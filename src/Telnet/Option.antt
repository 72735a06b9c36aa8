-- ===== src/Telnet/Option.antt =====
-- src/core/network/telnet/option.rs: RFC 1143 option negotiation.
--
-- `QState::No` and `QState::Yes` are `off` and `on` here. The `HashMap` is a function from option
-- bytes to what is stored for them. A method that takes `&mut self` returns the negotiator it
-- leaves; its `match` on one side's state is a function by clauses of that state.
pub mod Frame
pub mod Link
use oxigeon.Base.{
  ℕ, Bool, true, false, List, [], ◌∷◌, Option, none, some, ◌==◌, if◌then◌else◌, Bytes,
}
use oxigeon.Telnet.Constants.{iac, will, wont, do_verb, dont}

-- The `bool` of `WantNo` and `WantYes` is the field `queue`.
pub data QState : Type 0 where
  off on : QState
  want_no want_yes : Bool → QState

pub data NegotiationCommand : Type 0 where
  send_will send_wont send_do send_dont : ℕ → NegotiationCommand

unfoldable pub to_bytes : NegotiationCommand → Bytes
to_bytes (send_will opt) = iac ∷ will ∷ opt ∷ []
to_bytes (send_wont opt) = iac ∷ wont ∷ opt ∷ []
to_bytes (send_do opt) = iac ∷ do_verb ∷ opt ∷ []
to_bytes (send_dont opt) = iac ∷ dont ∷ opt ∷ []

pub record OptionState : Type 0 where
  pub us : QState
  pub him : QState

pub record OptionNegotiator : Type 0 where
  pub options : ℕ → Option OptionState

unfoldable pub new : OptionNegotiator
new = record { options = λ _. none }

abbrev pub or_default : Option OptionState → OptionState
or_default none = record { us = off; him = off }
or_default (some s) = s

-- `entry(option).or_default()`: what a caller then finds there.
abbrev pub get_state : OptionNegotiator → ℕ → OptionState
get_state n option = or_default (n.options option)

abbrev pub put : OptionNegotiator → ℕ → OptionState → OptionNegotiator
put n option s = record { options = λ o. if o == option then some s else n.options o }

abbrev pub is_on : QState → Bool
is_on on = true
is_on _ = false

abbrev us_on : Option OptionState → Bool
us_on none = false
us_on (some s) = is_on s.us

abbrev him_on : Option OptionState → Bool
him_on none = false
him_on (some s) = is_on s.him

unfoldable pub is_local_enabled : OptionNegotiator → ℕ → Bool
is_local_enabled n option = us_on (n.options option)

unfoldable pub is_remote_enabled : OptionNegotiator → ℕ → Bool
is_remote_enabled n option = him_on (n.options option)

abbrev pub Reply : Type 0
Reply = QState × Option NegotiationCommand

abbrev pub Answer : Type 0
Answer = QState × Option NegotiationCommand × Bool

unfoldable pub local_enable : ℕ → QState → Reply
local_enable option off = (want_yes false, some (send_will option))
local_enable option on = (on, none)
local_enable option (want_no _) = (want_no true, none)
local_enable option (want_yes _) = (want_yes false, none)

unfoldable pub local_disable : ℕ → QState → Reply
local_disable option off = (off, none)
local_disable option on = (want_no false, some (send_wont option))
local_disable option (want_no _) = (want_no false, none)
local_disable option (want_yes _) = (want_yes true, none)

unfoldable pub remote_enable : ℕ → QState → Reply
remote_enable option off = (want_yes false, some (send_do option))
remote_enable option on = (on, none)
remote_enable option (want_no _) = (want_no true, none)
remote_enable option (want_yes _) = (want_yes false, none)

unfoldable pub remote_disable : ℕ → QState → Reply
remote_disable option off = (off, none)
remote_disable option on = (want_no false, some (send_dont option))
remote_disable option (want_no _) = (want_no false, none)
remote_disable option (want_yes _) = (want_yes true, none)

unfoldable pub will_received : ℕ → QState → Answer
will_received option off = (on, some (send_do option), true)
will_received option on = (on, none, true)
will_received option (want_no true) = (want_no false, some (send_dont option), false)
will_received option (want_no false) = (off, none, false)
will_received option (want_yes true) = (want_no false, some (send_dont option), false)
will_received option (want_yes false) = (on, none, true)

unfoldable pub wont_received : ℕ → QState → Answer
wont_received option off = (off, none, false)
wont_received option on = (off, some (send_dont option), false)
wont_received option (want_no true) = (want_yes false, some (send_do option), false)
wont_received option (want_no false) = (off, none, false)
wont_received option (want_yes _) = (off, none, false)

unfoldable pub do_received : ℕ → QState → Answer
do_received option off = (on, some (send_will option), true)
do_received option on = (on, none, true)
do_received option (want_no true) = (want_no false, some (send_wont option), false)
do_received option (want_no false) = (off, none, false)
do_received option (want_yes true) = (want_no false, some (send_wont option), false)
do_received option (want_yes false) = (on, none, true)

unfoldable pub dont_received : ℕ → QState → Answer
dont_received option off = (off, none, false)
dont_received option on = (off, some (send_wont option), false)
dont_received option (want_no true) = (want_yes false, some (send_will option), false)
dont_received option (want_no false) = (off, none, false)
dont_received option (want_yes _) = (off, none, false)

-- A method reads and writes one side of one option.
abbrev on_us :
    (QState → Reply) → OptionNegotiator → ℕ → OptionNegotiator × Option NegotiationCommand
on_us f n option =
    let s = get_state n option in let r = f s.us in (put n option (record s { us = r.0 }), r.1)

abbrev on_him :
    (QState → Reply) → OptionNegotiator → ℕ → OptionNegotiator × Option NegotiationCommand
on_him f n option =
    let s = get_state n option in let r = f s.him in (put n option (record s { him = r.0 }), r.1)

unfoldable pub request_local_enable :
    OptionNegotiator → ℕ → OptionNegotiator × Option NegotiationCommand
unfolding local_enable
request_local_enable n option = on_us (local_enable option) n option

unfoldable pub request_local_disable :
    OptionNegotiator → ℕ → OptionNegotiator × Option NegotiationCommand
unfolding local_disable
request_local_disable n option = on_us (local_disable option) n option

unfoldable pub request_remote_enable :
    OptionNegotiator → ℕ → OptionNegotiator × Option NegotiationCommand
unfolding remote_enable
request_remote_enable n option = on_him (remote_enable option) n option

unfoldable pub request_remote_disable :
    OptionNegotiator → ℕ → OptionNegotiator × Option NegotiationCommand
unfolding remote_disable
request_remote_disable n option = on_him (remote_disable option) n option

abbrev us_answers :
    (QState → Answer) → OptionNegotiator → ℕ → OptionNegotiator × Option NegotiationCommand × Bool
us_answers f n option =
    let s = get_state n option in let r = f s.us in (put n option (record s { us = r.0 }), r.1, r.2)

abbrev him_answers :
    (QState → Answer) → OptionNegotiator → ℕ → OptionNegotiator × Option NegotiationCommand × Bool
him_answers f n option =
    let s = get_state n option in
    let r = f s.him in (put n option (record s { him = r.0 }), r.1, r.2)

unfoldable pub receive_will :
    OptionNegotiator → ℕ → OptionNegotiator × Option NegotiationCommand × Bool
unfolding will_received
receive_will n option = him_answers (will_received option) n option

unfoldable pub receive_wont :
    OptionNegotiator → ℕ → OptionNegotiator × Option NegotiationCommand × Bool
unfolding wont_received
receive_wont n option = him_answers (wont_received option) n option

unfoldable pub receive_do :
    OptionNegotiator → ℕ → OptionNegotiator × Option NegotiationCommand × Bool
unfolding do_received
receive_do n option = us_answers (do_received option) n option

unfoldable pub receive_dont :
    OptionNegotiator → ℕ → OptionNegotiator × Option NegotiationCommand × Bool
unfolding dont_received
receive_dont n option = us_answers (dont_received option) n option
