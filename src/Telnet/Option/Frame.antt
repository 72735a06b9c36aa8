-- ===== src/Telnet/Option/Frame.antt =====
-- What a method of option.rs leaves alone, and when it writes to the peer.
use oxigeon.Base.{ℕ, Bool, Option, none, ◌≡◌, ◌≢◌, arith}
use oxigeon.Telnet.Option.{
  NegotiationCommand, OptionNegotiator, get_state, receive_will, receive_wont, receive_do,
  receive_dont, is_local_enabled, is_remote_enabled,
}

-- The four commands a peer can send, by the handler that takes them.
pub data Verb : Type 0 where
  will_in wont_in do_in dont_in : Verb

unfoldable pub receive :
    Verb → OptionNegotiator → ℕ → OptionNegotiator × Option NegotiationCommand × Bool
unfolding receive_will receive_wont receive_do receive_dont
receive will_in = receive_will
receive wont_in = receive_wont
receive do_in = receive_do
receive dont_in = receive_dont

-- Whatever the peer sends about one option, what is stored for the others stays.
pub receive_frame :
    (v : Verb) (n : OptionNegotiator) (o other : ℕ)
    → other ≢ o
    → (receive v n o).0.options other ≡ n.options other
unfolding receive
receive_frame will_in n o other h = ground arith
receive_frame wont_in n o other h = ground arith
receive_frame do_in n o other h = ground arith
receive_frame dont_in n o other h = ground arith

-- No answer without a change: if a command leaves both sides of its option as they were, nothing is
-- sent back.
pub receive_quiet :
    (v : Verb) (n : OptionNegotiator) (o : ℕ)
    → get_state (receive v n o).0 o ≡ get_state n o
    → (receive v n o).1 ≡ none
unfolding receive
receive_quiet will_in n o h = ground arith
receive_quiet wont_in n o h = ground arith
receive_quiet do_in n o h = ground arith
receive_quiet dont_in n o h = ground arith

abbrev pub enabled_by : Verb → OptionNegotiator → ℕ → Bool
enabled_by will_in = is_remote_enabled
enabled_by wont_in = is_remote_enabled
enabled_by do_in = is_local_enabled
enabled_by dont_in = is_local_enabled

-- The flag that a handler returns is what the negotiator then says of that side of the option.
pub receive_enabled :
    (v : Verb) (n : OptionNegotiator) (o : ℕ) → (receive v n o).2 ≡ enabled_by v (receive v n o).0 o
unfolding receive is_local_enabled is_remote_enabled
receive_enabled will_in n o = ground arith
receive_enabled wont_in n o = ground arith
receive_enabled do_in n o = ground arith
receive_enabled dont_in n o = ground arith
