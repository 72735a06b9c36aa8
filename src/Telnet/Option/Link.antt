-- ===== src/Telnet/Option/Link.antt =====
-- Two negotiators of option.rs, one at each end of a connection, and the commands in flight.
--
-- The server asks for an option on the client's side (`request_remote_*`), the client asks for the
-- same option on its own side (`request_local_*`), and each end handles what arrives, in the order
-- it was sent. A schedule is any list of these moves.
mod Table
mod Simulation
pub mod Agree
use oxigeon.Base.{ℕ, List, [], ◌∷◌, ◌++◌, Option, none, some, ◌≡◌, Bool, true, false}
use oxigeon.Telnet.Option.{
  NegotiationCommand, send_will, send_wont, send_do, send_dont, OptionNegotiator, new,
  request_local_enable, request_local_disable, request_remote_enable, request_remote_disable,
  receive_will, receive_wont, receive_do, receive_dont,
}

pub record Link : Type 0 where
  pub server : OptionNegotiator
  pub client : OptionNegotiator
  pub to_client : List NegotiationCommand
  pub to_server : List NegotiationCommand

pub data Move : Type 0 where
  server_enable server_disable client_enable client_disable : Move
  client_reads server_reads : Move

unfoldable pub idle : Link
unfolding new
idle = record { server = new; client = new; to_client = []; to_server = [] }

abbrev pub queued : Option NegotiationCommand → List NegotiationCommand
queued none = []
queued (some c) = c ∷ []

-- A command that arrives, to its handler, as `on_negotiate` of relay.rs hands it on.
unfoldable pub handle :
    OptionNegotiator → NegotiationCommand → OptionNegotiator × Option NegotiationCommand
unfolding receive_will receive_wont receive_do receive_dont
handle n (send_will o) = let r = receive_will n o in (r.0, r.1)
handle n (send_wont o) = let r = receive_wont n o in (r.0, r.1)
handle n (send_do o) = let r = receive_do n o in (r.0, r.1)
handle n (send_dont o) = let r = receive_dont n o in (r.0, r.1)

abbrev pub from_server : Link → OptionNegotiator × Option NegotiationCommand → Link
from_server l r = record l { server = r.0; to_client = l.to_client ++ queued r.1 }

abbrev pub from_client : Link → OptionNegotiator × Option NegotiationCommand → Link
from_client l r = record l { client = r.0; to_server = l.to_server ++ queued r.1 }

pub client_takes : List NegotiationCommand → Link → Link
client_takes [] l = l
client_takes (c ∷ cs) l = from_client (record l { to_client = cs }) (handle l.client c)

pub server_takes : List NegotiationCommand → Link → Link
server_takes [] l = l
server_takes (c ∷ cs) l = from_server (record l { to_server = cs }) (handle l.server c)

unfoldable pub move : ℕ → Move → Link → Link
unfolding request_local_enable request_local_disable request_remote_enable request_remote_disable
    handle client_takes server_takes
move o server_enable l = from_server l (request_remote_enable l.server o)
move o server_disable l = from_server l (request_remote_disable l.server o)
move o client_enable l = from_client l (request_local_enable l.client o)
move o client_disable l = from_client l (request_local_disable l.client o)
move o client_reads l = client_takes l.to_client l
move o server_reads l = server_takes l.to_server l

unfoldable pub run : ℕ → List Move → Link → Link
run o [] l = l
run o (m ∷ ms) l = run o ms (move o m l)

○ ○ ○ ○

Reproduce exactly, and only, the lines from the start of the entries through the one that contains "to_bytes (send_do opt)".

## TASK RESPONSE
filename src/Telnet/Option.antt
repository 72735a06b9c36aa8
-- ===== src/Telnet/Option.antt =====
-- src/core/network/telnet/option.rs: RFC 1143 option negotiation.
--
-- `QState::No` and `QState::Yes` are `off` and `on` here. The `HashMap` is a function from option
-- bytes to what is stored for them. A method that takes `&mut self` returns the negotiator it
-- leaves; its `match` on one side's state is a function by clauses of that state.
pub mod Frame
pub mod Link
use oxigeon.Base.{
  ℕ, Bool, true, false, List, [], ◌∷◌, Option, none, some, ◌==◌, if◌then◌else◌, Bytes,
}
use oxigeon.Telnet.Constants.{iac, will, wont, do_verb, dont}

-- The `bool` of `WantNo` and `WantYes` is the field `queue`.
pub data QState : Type 0 where
  off on : QState
  want_no want_yes : Bool → QState

pub data NegotiationCommand : Type 0 where
  send_will send_wont send_do send_dont : ℕ → NegotiationCommand

unfoldable pub to_bytes : NegotiationCommand → Bytes
to_bytes (send_will opt) = iac ∷ will ∷ opt ∷ []
to_bytes (send_wont opt) = iac ∷ wont ∷ opt ∷ []
to_bytes (send_do opt) = iac ∷ do_verb ∷ opt ∷ []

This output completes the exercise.